SMS Spam Detector/Classifier

machinelearning python artificialintelligence streamlit kaggle


My SMS Spam Classifier is a helpful tool for dealing with spam text messages. It uses Multinomial Naive Bayes model to figure out if a text message is spam or not. All you have to do is copy and paste or type in the text message, and the app will tell you if it’s spam.

Process

I began by setting up my development environment, choosing to work with Python and the powerful Streamlit framework. Streamlit allowed me to quickly build an interactive web application that would serve as the user interface for my spam classifier.

With the dataset in hand, I started by exploring and preprocessing the data. I cleaned the text messages, removing any unnecessary characters, and then used techniques like tokenization and vectorization to convert the text into a format that could be fed into a machine learning model.
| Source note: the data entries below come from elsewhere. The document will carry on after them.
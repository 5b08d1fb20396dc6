-- ===== src/Mexc/Backfill/Sweep.antt =====
-- backfill_universe of ingest/mexc/backfill.py: the backfills of many symbols, which run at a time.
-- A run is a list of turns, each the number of the task that goes through its next page; a fetch and
-- the transaction of its rows are one turn, as a fetch does not read the tables. The semaphore allows
-- fewer of these runs. A task group that is cancelled takes no more turns.
use Prim.Native.String.{◌++◌ as append}
use shortfire.Prelude.{
  ℕ, zero, suc, ◌+◌, String, Option, none, some, List, [], ◌∷◌, ◌++◌, map, Result, Error, ok,
  raised, ltb, if◌then◌else◌,
}
use shortfire.Prelude.Keys.{eq_string, eq_pair}
use shortfire.Prelude.Dicts.{Dict, lookup}
use shortfire.Prelude.Times.{Time, from_ms, to_ms}
use shortfire.Domain.Market.{Candle, Timeframe, m1, m5, m15, h1, h4, d1}
use shortfire.Rows.{candle_key}
use shortfire.Storage.{Database, copy_into_hypertable}
use shortfire.Mexc.Backfill.{Fetch, candle_row, next_cursor, timeframe_ms, timeframe_to_table}

abbrev pub timeframe_text : Timeframe → String
timeframe_text m1 = "1m"
timeframe_text m5 = "5m"
timeframe_text m15 = "15m"
timeframe_text h1 = "1h"
timeframe_text h4 = "4h"
timeframe_text d1 = "1d"

-- f"{sym}.{tf}"
abbrev pub result_name : String → Timeframe → String
result_name sym tf = append sym (append "." (timeframe_text tf))

-- A backfill between two pages, or its end.
pub data Progress : Type 0 where
  running : (cursor total : ℕ) → Progress
  returned : ℕ → Progress
  failed : Error → Progress

pub record Task : Type 0 where
  pub symbol : String
  pub timeframe : Timeframe
  pub progress : Progress

module _ (db : Database candle_key) (fetch : String → Timeframe → Fetch) (since until : Time) where
  pub record Sweep : Type 0 where
    pub tasks : List Task
    pub conn : db.Conn
    pub calls : ℕ

  abbrev pub after_copy : (next total : ℕ) → Result ℕ × db.Conn → Progress × db.Conn
  after_copy next total (raised e, s) = (failed e, s)
  after_copy next total (ok n, s) = (running next (total + n), s)

  abbrev pub after_page :
      (table : String) (step total : ℕ) → db.Conn → Result (List Candle) → Progress × db.Conn
  after_page table step total s (raised e) = (failed e, s)
  after_page table step total s (ok []) = (returned total, s)
  after_page table step total s (ok (c ∷ cs)) =
      after_copy (next_cursor step c cs) total
        (copy_into_hypertable db table (map candle_row (c ∷ cs)) s)

  -- One round of the `while` of backfill_ohlcv, or its end; a timeframe without a table is at its end
  -- at once.
  unfoldable pub next_page :
      String → Timeframe → Option String → (call cursor total : ℕ) → db.Conn → Progress × db.Conn
  next_page symbol timeframe none call cursor total s = (returned 0, s)
  next_page symbol timeframe (some table) call cursor total s =
      let page =
        after_page table (timeframe_ms timeframe) total s
          (fetch symbol timeframe call (from_ms cursor) (from_ms (to_ms until))) in
      if ltb cursor (to_ms until) then page else (returned total, s)

  unfoldable pub advance_task : ℕ → Task → db.Conn → Progress × db.Conn
  advance_task call t s = from_progress t.progress s
    where
      from_progress : Progress → db.Conn → Progress × db.Conn
      from_progress (running cursor total) s =
          next_page t.symbol t.timeframe (timeframe_to_table t.timeframe) call cursor total s
      from_progress (returned n) s = (returned n, s)
      from_progress (failed e) s = (failed e, s)

  unfoldable pub turn_at : ℕ → ℕ → List Task → db.Conn → List Task × db.Conn
  turn_at call i [] s = ([], s)
  turn_at call zero (t ∷ tasks) s =
      let (p, s') = advance_task call t s in (record t { progress = p } ∷ tasks, s')
  turn_at call (suc i) (t ∷ tasks) s = let (tasks', s') = turn_at call i tasks s in (t ∷ tasks', s')

  unfoldable pub turn : ℕ → Sweep → Sweep
  turn i w =
      let (tasks, s) = turn_at w.calls i w.tasks w.conn in
      record { tasks = tasks; conn = s; calls = suc w.calls }

  unfoldable pub turns : List ℕ → Sweep → Sweep
  turns [] w = w
  turns (i ∷ is) w = turns is (turn i w)

  -- tg.create_task(backfill_ohlcv(…)), for each symbol and timeframe
  abbrev pub started : String → Timeframe → Task
  started sym tf = record { symbol = sym; timeframe = tf; progress = running (to_ms since) 0 }

  unfoldable pub tasks_of : List String → List Timeframe → List Task
  tasks_of [] timeframes = []
  tasks_of (sym ∷ symbols) timeframes = map (started sym) timeframes ++ tasks_of symbols timeframes

  -- The end of the task group: nothing while a task runs, an exception if one failed, or the counts
  -- by symbol and timeframe, of tasks with one name that of the last.
  abbrev pub keep_result : String → ℕ → Dict String ℕ → Option ℕ → Dict String ℕ
  keep_result name n results none = (name, n) ∷ results
  keep_result name n results (some later) = results

  abbrev pub with_result :
      String → Progress → Option (Result (Dict String ℕ)) → Option (Result (Dict String ℕ))
  with_result name (failed e) rest = some (raised e)
  with_result name (running cursor total) (some (raised e)) = some (raised e)
  with_result name (running cursor total) _ = none
  with_result name (returned n) none = none
  with_result name (returned n) (some (raised e)) = some (raised e)
  with_result name (returned n) (some (ok results)) =
      some (ok (keep_result name n results (lookup name results)))

  unfoldable pub results_of : List Task → Option (Result (Dict String ℕ))
  results_of [] = some (ok [])
  results_of (t ∷ tasks) =
      with_result (result_name t.symbol t.timeframe) t.progress (results_of tasks)

  -- backfill_universe with the turns that its tasks take.
  unfoldable pub backfill_universe :
      List String → List Timeframe → List ℕ → db.Conn → Option (Result (Dict String ℕ)) × db.Conn
  backfill_universe symbols timeframes order s =
      let w = turns order (record { tasks = tasks_of symbols timeframes; conn = s; calls = 0 }) in
      (results_of w.tasks, w.conn)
After careful consideration, I decided to use a Naive Bayes classifier as the core of my spam detection algorithm. This model has proven to be effective in text classification tasks, and it was relatively straightforward to implement and train.

To train the model, I split the dataset into training and testing sets, ensuring that the model would be evaluated on unseen data. I then fine-tuned the hyperparameters of the Naive Bayes classifier, experimenting with different configurations to achieve the best possible performance.

Once the model was trained and tested, I integrated it into the Streamlit application.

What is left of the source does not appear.